> _Exercise objective_: All records that follow are to be restated exactly.

> _Dataset_:
-- ===== src/Repositories/Examples.antt =====
-- A small database of two tenants, and what each sees.
use vendorops_ai.Base.{
  ℕ, ◌≤◌, ◌≡◌, ◌↔◌, ◌⊎◌, inl, refl, String, false, none, some, [], ◌∷◌, arith, unequal, Has, length,
}
use vendorops_ai.Db.{ExtractedRecord, GeneratedReport, AuditLog, Database, empty_database, text}
use vendorops_ai.Extraction.{ExtractedBusinessRecord}
use vendorops_ai.Extraction.ExtractedRecordType.{contract}
use vendorops_ai.Repositories.Reads.{
  audit_logs, get_uploaded_file, get_extracted_record, list_extracted_records, get_generated_report,
  list_generated_reports, list_audit_logs,
}
use vendorops_ai.Repositories.Visibility.{IsVisible, list-get}
use vendorops_ai.Repositories.Newest.{list_audit_logs-newest}
use vendorops_ai.Repositories.Creates.{FileEntry, create_uploaded_file}
use vendorops_ai.Repositories.Records.{
  RecordEntry, stored, for_job, create_extracted_record, create_extracted_record_once,
}
use vendorops_ai.Repositories.Isolation.{upload_isolated}

abbrev found_record : ExtractedRecord
found_record = record {
  id = "r1";
  organization_id = some "o1";
  workspace_id = none;
  file_id = "f1";
  job_id = some "j1";
  record_type = "contract";
  vendor_name = none;
  external_reference = none;
  normalized_payload = [];
  raw_payload = none;
  confidence = some 900000;
  created_at = 5;
}

abbrev report : GeneratedReport
report = record {
  id = "g1";
  organization_id = some "o2";
  workspace_id = none;
  report_type = "pdf";
  status = "created";
  parameters = [];
  storage_path = none;
  created_at = 6;
}

abbrev log : String → ℕ → AuditLog
log id t = record {
  id = id;
  organization_id = none;
  workspace_id = none;
  actor = "system";
  action = "job.completed";
  entity_type = "processing_job";
  entity_id = none;
  details = none;
  created_at = t;
}

abbrev db : Database
db = record empty_database {
  extracted_records =
      found_record
      ∷ record found_record { id = "r2"; organization_id = some "o2"; job_id = none }
      ∷ [];
  generated_reports = report ∷ [];
  audit_logs = log "a" 1 ∷ log "b" 3 ∷ log "c" 2 ∷ [];
}

other_tenant_sees_one :
    list_extracted_records (some "o2") none db
    ≡ record found_record { id = "r2"; organization_id = some "o2"; job_id = none } ∷ []
unfolding list_extracted_records
other_tenant_sees_one = refl

list-get_example :
    (Has found_record (list_extracted_records (some "o1") none db)
      ↔ (get_extracted_record (some "o1") none "r1" db ≡ some found_record))
    × (Has report (list_generated_reports (some "o1") none db)
        ↔ (get_generated_report (some "o1") none "g1" db ≡ some report))
list-get_example =
    list-get (some "o1") none found_record report db (((unequal "r2" "r1" refl), tt), (tt, tt))
      (tt, tt)

two_newest : list_audit_logs (some "o1") none 2 db ≡ log "b" 3 ∷ log "c" 2 ∷ []
unfolding list_audit_logs
two_newest = refl

b_is_listed : Has (log "b" 3) (list_audit_logs (some "o1") none 2 db)
unfolding list_audit_logs
b_is_listed = inl refl

a-IsVisible : IsVisible audit_logs (some "o1") none (log "a" 1)
unfolding IsVisible
a-IsVisible = ((λ w f p q. cc q), (λ w f p q. cc p))

list_audit_logs-newest_example :
    Has (log "b" 3) db.audit_logs
    × IsVisible audit_logs (some "o1") none (log "b" 3)
    × (Has (log "a" 1) (list_audit_logs (some "o1") none 2 db) ⊎ (1 ≤ 3))
list_audit_logs-newest_example =
    list_audit_logs-newest (some "o1") none 2 (log "b" 3) (log "a" 1) db b_is_listed (inl refl)
      a-IsVisible

abbrev business : ExtractedBusinessRecord
business = record {
  record_type = contract;
  vendor_name = some "Acme";
  document_id = none;
  document_date = none;
  due_date = none;
  total_amount = none;
  currency = none;
  summary = "s";
  key_terms = [];
  line_items = [];
  source_evidence = [];
  confidence = 800000;
  needs_review = false;
  raw_fields = [];
}

abbrev entry : RecordEntry
entry = record {
  id = "r3";
  audit_id = "d";
  now = 9;
  file_id = "f2";
  organization_id = some "o1";
  workspace_id = none;
  extracted = business;
  dumped = [];
  raw_payload = ("provider", text "mock") ∷ [];
}

abbrev retried : RecordEntry
retried = record entry { id = "r4"; now = 12 }

no_record_yet : length (for_job "j2" db.extracted_records) ≤ 1
unfolding for_job
no_record_yet = omega arith

create_extracted_record_once_example :
    (r : ExtractedRecord) × ((create_extracted_record entry (some "j2") db).0 ≡ stored r)
    × (for_job "j2" (create_extracted_record entry (some "j2") db).1.extracted_records ≡ r ∷ [])
    × (create_extracted_record retried (some "j2") (create_extracted_record entry (some "j2") db).1
        ≡ (stored r, (create_extracted_record entry (some "j2") db).1))
create_extracted_record_once_example =
    create_extracted_record_once entry retried "j2" db (unequal "j2" "" refl) no_record_yet

abbrev upload : FileEntry
upload = record {
  file_id = "f1";
  organization_id = some "o1";
  workspace_id = some "w1";
  original_filename = "a.pdf";
  content_type = "application/pdf";
  file_type = "pdf";
  size_bytes = 12;
  sha256_hash = "00";
  storage_path = "/x";
}

upload_isolated_example :
    (get_uploaded_file (some "o1") none "f1" (create_uploaded_file 3 "a" upload db).1
      ≡ some (create_uploaded_file 3 "a" upload db).0)
    × (get_uploaded_file (some "o2") (some "w1") "f1" (create_uploaded_file 3 "a" upload db).1
        ≡ none)
upload_isolated_example =
    upload_isolated 3 "a" "o1" "o2" (some "w1") upload db tt refl (unequal "o1" "" refl)
      (unequal "o2" "o1" refl)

> _Response area_:
-- ===== src/Repositories/Examples.antt =====
-- A small database of two tenants, and what each sees.
use vendorops_ai.Base.{
  ℕ, ◌≤◌, ◌≡◌, ◌↔◌, ◌⊎◌, inl, refl, String, false, none, some, [], ◌∷◌, arith, unequal, Has, length,
}
use vendorops_ai.Db.{ExtractedRecord, GeneratedReport, AuditLog, Database, empty_database, text}
use vendorops_ai.Extraction.{ExtractedBusinessRecord}
use vendorops_ai.Extraction.ExtractedRecordType.{contract}
use vendorops_ai.Repositories.Reads.{
  audit_logs, get_uploaded_file, get_extracted_record, list_extracted_records, get_generated_report,
  list_generated_reports, list_audit_logs,
}
use vendorops_ai.Repositories.Visibility.{IsVisible, list-get}
use vendorops_ai.Repositories.Newest.{list_audit_logs-newest}
use vendorops_ai.Repositories.Creates.{FileEntry, create_uploaded_file}
use vendorops_ai.Repositories.Records.{
  RecordEntry, stored, for_job, create_extracted_record, create_extracted_record_once,
}
use vendorops_ai.Repositories.Isolation.{upload_isolated}

abbrev found_record : ExtractedRecord
found_record = record {
  id = "r1";
  organization_id = some "o1";
  workspace_id = none;
  file_id = "f1";
  job_id = some "j1";
  record_type = "contract";
  vendor_name = none;
  external_reference = none;
  normalized_payload = [];
  raw_payload = none;
  confidence = some 900000;
  created_at = 5;
}

abbrev report : GeneratedReport
report = record {
  id = "g1";
  organization_id = some "o2";
  workspace_id = none;
  report_type = "pdf";
  status = "created";
  parameters = [];
  storage_path = none;
  created_at = 6;
}

abbrev log : String → ℕ → AuditLog
log id t = record {
  id = id;
  organization_id = none;
  workspace_id = none;
  actor = "system";
  action = "job.completed";
  entity_type = "processing_job";
  entity_id = none;
  details = none;
  created_at = t;
}

abbrev db : Database
db = record empty_database {
  extracted_records =
      found_record
      ∷ record found_record { id = "r2"; organization_id = some "o2"; job_id = none }
      ∷ [];
  generated_reports = report ∷ [];
  audit_logs = log "a" 1 ∷ log "b" 3 ∷ log "c" 2 ∷ [];
}

other_tenant_sees_one :
    list_extracted_records (some "o2") none db
    ≡ record found_record { id = "r2"; organization_id = some "o2"; job_id = none } ∷ []
unfolding list_extracted_records
other_tenant_sees_one = refl

list-get_example :
    (Has found_record (list_extracted_records (some "o1") none db)
      ↔ (get_extracted_record (some "o1") none "r1" db ≡ some found_record))
    × (Has report (list_generated_reports (some "o1") none db)
        ↔ (get_generated_report (some "o1") none "g1" db ≡ some report))
list-get_example =
    list-get (some "o1") none found_record report db (((unequal "r2" "r1" refl), tt), (tt, tt))
      (tt, tt)

two_newest : list_audit_logs (some "o1") none 2 db ≡ log "b" 3 ∷ log "c" 2 ∷ []
unfolding list_audit_logs
two_newest = refl

b_is_listed : Has (log "b" 3) (list_audit_logs (some "o1") none 2 db)
unfolding list_audit_logs
b_is_listed = inl refl

a-IsVisible : IsVisible audit_logs (some "o1") none (log "a" 1)
unfolding IsVisible
a-IsVisible = ((λ w f p q. cc q), (λ w f p q. cc p))

list_audit_logs-newest_example :
    Has (log "b" 3) db.audit_logs
    × IsVisible audit_logs (some "o1") none (log "b" 3)
    × (Has (log "a" 1) (list_audit_logs (some "o1") none 2 db) ⊎ (1 ≤ 3))
list_audit_logs-newest_example =
    list_audit_logs-newest (some "o1") none 2 (log "b" 3) (log "a" 1) db b_is_listed (inl refl)
      a-IsVisible

abbrev business : ExtractedBusinessRecord
business = record {
  record_type = contract;
  vendor_name = some "Acme";
  document_id = none;
  document_date = none;
  due_date = none;
  total_amount = none;
  currency = none;
  summary = "s";
  key_terms = [];
  line_items = [];
  source_evidence = [];
  confidence = 800000;
  needs_review = false;
  raw_fields = [];
}

abbrev entry : RecordEntry
entry = record {
  id = "r3";
  audit_id = "d";
  now = 9;
  file_id = "f2";
  organization_id = some "o1";
  workspace_id = none;
  extracted = business;
  dumped = [];
  raw_payload = ("provider", text "mock") ∷ [];
}

abbrev retried : RecordEntry
retried = record entry { id = "r4"; now = 12 }

no_record_yet : length (for_job "j2" db.extracted_records) ≤ 1
unfolding for_job
no_record_yet = omega arith

create_extracted_record_once_example :
    (r : ExtractedRecord) × ((create_extracted_record entry (some "j2") db).0 ≡ stored r)
    × (for_job "j2" (create_extracted_record entry (some "j2") db).1.extracted_records ≡ r ∷ [])
    × (create_extracted_record retried (some "j2") (create_extracted_record entry (some "j2") db).1
        ≡ (stored r, (create_extracted_record entry (some "j2") db).1))
create_extracted_record_once_example =
    create_extracted_record_once entry retried "j2" db (unequal "j2" "" refl) no_record_yet

abbrev upload : FileEntry
upload = record {
  file_id = "f1";
  organization_id = some "o1";
  workspace_id = some "w1";
  original_filename = "a.pdf";
  content_type = "application/pdf";
  file_type = "pdf";
  size_bytes = 12;
  sha256_hash = "00";
  storage_path = "/x";
}

upload_isolated_example :
    (get_uploaded_file (some "o1") none "f1" (create_uploaded_file 3 "a" upload db).1
      ≡ some (create_uploaded_file 3 "a" upload db).0)
    × (get_uploaded_file (some "o2") (some "w1") "f1" (create_uploaded_file 3 "a" upload db).1
        ≡ none)
upload_isolated_example =
    upload_isolated 3 "a" "o1" "o2" (some "w1") upload db tt refl (unequal "o1" "" refl)
      (unequal "o2" "o1" refl)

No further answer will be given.